The Lost Gospels
Chapter Two - The Lost Gospel Club
Section 2 of 11
CHAPTER TWO
The Lost Gospel Club
IT DIDN’T TAKE long for scholars to realize they’d stumbled into something very weird.
The Nag Hammadi texts — 52 writings in total — weren’t copies of Matthew, Mark, Luke, or John. They weren’t even in the same category.
These were gospels no one had told you about. Ones that didn’t make the cut.
And they didn’t just offer different stories. They offered an entirely different worldview.
Let’s meet the club:
- The Gospel of Thomas
No miracles. No virgin birth. No crucifixion.
Just Jesus, speaking in riddles — 114 secret sayings.
No “believe in me.” Just “know yourself.”
Some scholars think it might predate the four canonical gospels.
Others think it’s heresy wrapped in a koan. - The Gospel of Philip
A wild ride through spiritual metaphors, symbolic unions, and a Jesus who speaks more like a mystic than a messiah.
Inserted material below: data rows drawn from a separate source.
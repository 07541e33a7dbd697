-- ===== src/Stream/Run.antt =====
-- internal/core/stream/pump.go: the loop of `run`. What the rest of the program does while the loop waits or pumps is an argument of each
-- round, and so is the outcome of a select.
pub mod Attempt
pub mod Budget
pub mod Failures
pub mod Failover
use tvr.Base.{
  ℕ, Bool, true, false, not, List, [], ◌∷◌, Option, none, some, length, ◌==◌, if◌then◌else◌, Text,
}
use tvr.Stream.Session.{Session, StreamError, upstream_failed}
use tvr.Stream.Viewers.{viewer_count}
use tvr.Stream.Ready.{fail_ready, finish_status, stop, Status}
use tvr.Stream.Walk.{pump_start, pump_end, handle_pump_error, second}

-- Which case of the select without viewers is taken.
pub data Wait : Type 0 where
  stop_signal idle_timer poll_timer : Wait

pub record Round : Type 0 where
  pub wait : Wait
  -- The calls of other goroutines during the wait.
  pub meanwhile : Session → Session
  -- The pump, with what other goroutines do to the session while it runs.
  pub pump : Session → Session × Option StreamError
  -- Whether `stopCh` wins the wait behind an error.
  pub stop_first : Bool

-- Behind a pump: `true` ends the loop.
unfoldable pub after_pump : Bool → Session → Option StreamError → ℕ → Bool × Session × ℕ
after_pump stop_first s err backoff =
    if s.stopped
    then (true, s, backoff)
    else if viewer_count s == 0
    then (false, s, backoff)
    else elim err [
      | none ↦ (false, s, second)
      | some e ↦ handle_pump_error e stop_first (s, backoff)
    ]

unfoldable pub pump_once : Round → Session → ℕ → Bool × Session × ℕ
unfolding after_pump
pump_once r s backoff =
    let (started, ctx) = pump_start s in
    let (pumped, err) = r.pump started in
    let (ended, err') = pump_end ctx err pumped in after_pump r.stop_first ended err' backoff

unfoldable pub idle_round : Wait → Round → Session → ℕ → Bool × Session × ℕ
idle_round stop_signal r s backoff = (true, s, backoff)
idle_round idle_timer r s backoff =
    if viewer_count s == 0 then (true, s, backoff) else pump_once r s backoff
idle_round poll_timer r s backoff =
    if viewer_count s == 0 then (false, s, backoff) else pump_once r s backoff

unfoldable pub round : Round → Session × ℕ → Bool × Session × ℕ
unfolding idle_round
round r (s, backoff) =
    if viewer_count s == 0
    then idle_round r.wait r (r.meanwhile s) backoff
    else pump_once r s backoff

abbrev pub next_round : Bool × Session × ℕ → (Session × ℕ → Bool × Session × ℕ) → Bool × Session × ℕ
next_round (true, s, backoff) go = (true, s, backoff)
next_round (false, s, backoff) go = go (s, backoff)

-- A run of the loop over the rounds that happen; `false` says that the loop goes on behind them.
unfoldable pub rounds : List Round → Session × ℕ → Bool × Session × ℕ
rounds [] st = (false, st.0, st.1)
rounds (r ∷ rs) st = next_round (round r st) (λ st'. rounds rs st')

-- The deferred function of `run`: the status for `onFinish`, and the session with `doneCh` closed.
unfoldable pub finish : (Text → Text) → Session → Session × Status
finish host s =
    let s' = if s.ever_ready then s else fail_ready (some upstream_failed) s in
    let ended = stop s' in (record ended { done = true }, finish_status host s')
Oh — and it casually mentions Mary Magdalene as the one Jesus “loved more than the other disciples.”
But again, probably nothing. - The Gospel of Truth
Less “gospel,” more cosmic download.
Reads like a philosophical fever dream.
Talks about awakening from ignorance, false creation, and divine light trapped in matter.
Kinda sounds like if Plato, Buddha, and Alan Watts co-wrote a sermon. - The Gospel of Mary (Magdalene)
Mary isn’t weeping at the tomb.
She’s teaching the apostles, debating theology, and revealing deep spiritual truths.
Peter’s not thrilled about it.
“Are we really supposed to listen to her?” he asks.
The answer is… well, let’s just say the early Church didn’t keep that page.
But it wasn’t just the gospels. The Nag Hammadi library also included:
- Apocalypses (like James, Paul, and Adam)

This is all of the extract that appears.